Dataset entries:
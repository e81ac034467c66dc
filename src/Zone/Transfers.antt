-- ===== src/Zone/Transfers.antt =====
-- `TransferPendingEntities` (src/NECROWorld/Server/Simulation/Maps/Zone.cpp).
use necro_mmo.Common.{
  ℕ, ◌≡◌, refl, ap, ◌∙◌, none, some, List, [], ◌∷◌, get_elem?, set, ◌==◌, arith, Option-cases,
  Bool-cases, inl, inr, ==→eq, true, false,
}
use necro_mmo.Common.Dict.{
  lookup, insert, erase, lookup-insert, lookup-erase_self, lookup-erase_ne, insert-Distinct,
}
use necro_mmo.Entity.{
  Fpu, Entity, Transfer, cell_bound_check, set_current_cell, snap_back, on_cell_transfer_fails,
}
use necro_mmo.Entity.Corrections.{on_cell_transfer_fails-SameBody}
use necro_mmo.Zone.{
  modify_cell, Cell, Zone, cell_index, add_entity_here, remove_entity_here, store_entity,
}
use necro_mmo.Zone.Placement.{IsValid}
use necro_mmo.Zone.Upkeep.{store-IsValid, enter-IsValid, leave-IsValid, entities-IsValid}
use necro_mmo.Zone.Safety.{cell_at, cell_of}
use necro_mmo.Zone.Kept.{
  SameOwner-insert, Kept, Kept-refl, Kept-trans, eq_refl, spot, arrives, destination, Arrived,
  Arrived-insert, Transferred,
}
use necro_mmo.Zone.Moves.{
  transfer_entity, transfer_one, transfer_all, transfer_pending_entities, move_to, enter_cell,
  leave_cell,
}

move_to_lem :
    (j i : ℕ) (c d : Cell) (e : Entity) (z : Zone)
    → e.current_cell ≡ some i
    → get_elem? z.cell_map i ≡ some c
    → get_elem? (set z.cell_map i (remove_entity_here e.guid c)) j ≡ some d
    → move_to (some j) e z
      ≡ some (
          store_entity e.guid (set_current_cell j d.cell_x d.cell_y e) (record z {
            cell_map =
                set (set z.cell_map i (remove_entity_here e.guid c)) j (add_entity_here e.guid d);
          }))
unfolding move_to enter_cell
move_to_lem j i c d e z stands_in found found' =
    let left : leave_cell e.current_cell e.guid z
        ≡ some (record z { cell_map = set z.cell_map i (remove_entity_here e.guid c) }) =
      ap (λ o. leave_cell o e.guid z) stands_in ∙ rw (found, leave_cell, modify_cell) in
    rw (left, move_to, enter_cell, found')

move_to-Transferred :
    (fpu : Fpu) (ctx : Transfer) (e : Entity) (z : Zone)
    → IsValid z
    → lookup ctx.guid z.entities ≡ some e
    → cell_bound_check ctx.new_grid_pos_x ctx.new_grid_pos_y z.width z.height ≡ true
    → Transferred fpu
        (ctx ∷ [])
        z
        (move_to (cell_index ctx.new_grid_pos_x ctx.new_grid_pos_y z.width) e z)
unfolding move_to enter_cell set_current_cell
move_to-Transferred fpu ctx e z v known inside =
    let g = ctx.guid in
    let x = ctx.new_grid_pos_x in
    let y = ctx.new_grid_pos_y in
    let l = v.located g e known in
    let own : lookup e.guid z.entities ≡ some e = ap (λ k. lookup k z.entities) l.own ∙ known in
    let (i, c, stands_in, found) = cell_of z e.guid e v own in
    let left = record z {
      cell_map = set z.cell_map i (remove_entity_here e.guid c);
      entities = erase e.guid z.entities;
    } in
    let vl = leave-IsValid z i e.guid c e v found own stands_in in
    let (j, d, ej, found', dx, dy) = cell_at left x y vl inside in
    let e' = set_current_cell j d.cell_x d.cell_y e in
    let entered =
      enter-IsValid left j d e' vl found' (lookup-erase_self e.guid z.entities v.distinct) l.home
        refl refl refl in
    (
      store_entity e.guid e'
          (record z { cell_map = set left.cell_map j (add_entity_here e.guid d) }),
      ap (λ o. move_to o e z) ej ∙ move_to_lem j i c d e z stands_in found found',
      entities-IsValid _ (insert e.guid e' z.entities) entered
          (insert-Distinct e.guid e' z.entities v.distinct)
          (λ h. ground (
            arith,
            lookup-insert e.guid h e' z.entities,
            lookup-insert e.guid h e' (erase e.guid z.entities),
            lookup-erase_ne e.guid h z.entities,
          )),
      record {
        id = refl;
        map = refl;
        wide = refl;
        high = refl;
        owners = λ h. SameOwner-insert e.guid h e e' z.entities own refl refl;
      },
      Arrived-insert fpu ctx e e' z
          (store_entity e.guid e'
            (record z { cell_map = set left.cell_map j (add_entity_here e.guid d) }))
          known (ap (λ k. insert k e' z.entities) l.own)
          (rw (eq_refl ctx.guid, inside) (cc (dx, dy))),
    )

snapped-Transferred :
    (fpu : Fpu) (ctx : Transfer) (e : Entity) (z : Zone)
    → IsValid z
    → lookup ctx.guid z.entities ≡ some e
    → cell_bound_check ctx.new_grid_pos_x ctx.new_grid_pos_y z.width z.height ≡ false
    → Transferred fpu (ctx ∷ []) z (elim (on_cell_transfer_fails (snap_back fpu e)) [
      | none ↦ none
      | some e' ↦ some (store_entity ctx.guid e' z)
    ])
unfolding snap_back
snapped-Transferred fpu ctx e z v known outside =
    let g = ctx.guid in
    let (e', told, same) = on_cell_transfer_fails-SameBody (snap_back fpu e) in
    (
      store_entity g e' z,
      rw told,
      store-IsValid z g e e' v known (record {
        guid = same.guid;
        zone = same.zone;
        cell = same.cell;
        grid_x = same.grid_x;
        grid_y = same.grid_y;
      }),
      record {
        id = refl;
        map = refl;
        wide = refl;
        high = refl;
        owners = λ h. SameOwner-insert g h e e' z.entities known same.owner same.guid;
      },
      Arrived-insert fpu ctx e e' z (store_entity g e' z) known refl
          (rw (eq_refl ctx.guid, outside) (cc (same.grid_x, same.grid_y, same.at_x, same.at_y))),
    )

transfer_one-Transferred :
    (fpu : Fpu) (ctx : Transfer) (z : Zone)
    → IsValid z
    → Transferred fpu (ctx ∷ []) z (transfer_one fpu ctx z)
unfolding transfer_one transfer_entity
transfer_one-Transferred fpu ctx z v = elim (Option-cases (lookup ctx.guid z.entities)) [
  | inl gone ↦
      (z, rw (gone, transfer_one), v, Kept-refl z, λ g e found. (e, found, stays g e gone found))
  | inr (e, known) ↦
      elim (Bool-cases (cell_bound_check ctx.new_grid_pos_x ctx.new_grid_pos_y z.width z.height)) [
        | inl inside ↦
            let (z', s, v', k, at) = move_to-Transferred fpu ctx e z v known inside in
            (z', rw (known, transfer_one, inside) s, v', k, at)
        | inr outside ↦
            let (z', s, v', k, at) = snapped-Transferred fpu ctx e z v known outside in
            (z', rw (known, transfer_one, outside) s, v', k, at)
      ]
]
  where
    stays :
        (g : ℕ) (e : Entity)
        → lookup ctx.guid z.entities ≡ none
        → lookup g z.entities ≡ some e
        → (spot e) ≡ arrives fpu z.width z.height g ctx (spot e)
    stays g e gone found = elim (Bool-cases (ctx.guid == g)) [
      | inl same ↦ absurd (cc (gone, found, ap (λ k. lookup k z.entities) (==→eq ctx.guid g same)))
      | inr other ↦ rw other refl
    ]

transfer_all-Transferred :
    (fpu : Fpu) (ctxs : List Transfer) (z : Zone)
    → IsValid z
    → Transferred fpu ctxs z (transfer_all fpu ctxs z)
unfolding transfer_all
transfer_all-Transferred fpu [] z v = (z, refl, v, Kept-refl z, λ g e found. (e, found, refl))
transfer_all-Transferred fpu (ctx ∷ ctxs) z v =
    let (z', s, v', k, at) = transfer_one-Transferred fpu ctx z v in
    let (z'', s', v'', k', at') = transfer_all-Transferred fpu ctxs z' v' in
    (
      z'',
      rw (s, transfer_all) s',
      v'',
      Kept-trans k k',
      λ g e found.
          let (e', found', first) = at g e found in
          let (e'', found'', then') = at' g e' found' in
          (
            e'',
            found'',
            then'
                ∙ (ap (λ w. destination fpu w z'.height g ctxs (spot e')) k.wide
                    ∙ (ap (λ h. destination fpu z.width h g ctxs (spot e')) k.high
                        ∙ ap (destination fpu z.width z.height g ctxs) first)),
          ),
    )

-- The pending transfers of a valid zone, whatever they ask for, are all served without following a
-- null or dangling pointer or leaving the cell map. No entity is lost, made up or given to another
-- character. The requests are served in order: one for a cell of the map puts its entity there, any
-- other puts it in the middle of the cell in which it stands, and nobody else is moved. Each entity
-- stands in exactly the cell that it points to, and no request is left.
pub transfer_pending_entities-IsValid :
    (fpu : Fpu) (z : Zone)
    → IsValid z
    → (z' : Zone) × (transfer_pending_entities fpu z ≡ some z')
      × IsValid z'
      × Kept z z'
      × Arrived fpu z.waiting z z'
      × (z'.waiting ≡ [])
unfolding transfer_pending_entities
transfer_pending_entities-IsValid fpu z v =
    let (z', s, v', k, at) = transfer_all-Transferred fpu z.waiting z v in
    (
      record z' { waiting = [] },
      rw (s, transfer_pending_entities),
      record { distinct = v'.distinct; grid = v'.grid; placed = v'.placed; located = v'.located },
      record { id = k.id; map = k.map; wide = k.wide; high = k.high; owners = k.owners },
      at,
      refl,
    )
--
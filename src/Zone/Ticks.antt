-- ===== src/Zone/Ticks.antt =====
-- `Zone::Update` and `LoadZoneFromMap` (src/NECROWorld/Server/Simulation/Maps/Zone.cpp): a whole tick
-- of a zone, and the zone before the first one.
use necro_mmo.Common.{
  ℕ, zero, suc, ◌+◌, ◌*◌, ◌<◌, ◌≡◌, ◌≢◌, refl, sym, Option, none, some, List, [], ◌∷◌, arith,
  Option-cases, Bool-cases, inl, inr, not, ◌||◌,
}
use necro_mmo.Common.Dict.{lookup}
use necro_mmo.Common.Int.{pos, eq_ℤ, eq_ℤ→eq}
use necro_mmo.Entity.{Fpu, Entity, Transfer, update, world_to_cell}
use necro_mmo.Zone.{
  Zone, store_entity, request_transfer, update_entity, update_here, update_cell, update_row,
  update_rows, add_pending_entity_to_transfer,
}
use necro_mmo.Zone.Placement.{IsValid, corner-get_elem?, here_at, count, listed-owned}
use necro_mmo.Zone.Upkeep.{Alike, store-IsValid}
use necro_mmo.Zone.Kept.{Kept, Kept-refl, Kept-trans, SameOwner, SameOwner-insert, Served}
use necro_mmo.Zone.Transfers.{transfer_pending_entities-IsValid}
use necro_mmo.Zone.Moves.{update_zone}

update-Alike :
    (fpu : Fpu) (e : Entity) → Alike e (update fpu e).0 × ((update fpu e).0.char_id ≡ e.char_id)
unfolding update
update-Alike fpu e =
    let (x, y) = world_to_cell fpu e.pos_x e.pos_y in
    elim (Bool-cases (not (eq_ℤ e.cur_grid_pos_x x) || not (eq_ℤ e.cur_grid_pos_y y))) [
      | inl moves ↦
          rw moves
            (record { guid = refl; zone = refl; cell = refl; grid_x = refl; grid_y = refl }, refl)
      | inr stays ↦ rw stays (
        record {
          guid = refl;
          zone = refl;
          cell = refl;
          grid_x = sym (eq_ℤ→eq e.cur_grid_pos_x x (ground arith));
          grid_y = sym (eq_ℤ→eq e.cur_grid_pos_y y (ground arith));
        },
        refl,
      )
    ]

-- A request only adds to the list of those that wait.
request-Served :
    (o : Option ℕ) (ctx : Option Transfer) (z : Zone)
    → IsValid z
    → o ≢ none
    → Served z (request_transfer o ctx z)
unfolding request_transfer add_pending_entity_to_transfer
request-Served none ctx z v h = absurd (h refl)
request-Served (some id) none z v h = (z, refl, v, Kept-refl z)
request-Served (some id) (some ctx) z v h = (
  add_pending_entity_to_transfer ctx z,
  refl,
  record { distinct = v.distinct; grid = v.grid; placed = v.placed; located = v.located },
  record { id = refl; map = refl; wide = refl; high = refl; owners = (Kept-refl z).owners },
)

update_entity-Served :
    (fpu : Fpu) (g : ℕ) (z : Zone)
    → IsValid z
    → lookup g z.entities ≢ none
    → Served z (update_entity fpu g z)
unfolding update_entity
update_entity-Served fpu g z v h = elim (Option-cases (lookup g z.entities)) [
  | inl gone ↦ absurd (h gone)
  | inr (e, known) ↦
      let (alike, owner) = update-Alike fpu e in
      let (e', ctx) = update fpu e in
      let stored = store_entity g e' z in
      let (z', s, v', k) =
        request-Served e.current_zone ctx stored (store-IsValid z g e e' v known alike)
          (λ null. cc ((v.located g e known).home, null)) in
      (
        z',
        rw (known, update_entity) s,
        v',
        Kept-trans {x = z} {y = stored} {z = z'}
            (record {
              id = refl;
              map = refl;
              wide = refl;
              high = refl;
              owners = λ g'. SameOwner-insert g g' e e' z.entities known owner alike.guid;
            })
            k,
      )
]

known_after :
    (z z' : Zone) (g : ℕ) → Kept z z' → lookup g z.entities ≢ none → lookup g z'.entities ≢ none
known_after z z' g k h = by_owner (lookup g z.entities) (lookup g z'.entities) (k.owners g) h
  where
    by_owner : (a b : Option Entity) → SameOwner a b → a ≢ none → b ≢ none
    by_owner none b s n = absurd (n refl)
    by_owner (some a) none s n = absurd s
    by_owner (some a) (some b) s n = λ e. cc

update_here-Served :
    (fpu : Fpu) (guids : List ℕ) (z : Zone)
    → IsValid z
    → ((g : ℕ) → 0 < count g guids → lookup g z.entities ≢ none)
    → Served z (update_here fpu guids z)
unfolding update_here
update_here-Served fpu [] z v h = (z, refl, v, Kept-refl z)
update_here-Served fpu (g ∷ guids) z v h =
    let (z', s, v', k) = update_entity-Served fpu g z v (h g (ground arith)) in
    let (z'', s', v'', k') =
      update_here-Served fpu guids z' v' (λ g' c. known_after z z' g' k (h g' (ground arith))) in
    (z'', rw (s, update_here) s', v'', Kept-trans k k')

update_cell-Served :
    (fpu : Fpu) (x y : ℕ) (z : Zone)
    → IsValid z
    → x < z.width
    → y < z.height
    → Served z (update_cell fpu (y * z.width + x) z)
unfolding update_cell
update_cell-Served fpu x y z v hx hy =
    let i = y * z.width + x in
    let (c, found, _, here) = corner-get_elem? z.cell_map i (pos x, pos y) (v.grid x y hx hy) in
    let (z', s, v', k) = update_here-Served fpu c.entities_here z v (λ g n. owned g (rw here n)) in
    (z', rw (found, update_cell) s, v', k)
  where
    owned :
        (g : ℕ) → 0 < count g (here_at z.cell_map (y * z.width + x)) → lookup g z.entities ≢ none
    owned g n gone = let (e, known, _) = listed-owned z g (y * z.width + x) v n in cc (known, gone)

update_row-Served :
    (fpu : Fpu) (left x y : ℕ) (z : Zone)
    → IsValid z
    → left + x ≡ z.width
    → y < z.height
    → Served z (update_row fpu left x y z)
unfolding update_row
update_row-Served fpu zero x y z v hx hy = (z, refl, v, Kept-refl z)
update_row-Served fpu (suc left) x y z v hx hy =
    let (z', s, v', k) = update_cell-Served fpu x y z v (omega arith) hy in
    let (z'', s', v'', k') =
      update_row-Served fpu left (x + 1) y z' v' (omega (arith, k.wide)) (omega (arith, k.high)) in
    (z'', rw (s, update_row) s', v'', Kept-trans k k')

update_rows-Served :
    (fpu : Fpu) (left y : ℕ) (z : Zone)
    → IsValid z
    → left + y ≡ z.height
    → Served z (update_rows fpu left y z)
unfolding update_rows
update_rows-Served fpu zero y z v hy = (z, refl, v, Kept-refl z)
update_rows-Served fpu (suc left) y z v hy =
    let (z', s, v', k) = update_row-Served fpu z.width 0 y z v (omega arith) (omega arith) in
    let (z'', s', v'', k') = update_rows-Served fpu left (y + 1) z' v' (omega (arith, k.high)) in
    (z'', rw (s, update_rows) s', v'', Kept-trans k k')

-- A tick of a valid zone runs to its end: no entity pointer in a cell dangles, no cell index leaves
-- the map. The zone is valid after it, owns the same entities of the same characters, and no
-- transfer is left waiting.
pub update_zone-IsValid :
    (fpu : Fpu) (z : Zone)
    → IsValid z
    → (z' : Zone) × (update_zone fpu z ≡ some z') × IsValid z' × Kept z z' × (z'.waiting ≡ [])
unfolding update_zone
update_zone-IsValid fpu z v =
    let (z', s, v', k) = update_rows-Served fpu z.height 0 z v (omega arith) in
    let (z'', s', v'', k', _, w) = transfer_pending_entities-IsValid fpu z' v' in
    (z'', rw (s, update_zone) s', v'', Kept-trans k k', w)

* **What you should do**
Output the lines above between the one holding "z.height ≡ true" and the one holding "let (i, c, stands_in, found)", inclusive, with nothing before or after them.

* **Result for this exercise**
    → cell_bound_check ctx.new_grid_pos_x ctx.new_grid_pos_y z.width z.height ≡ true
    → Transferred fpu
        (ctx ∷ [])
        z
        (move_to (cell_index ctx.new_grid_pos_x ctx.new_grid_pos_y z.width) e z)
unfolding move_to enter_cell set_current_cell
move_to-Transferred fpu ctx e z v known inside =
    let g = ctx.guid in
    let x = ctx.new_grid_pos_x in
    let y = ctx.new_grid_pos_y in
    let l = v.located g e known in
    let own : lookup e.guid z.entities ≡ some e = ap (λ k. lookup k z.entities) l.own ∙ known in
    let (i, c, stands_in, found) = cell_of z e.guid e v own in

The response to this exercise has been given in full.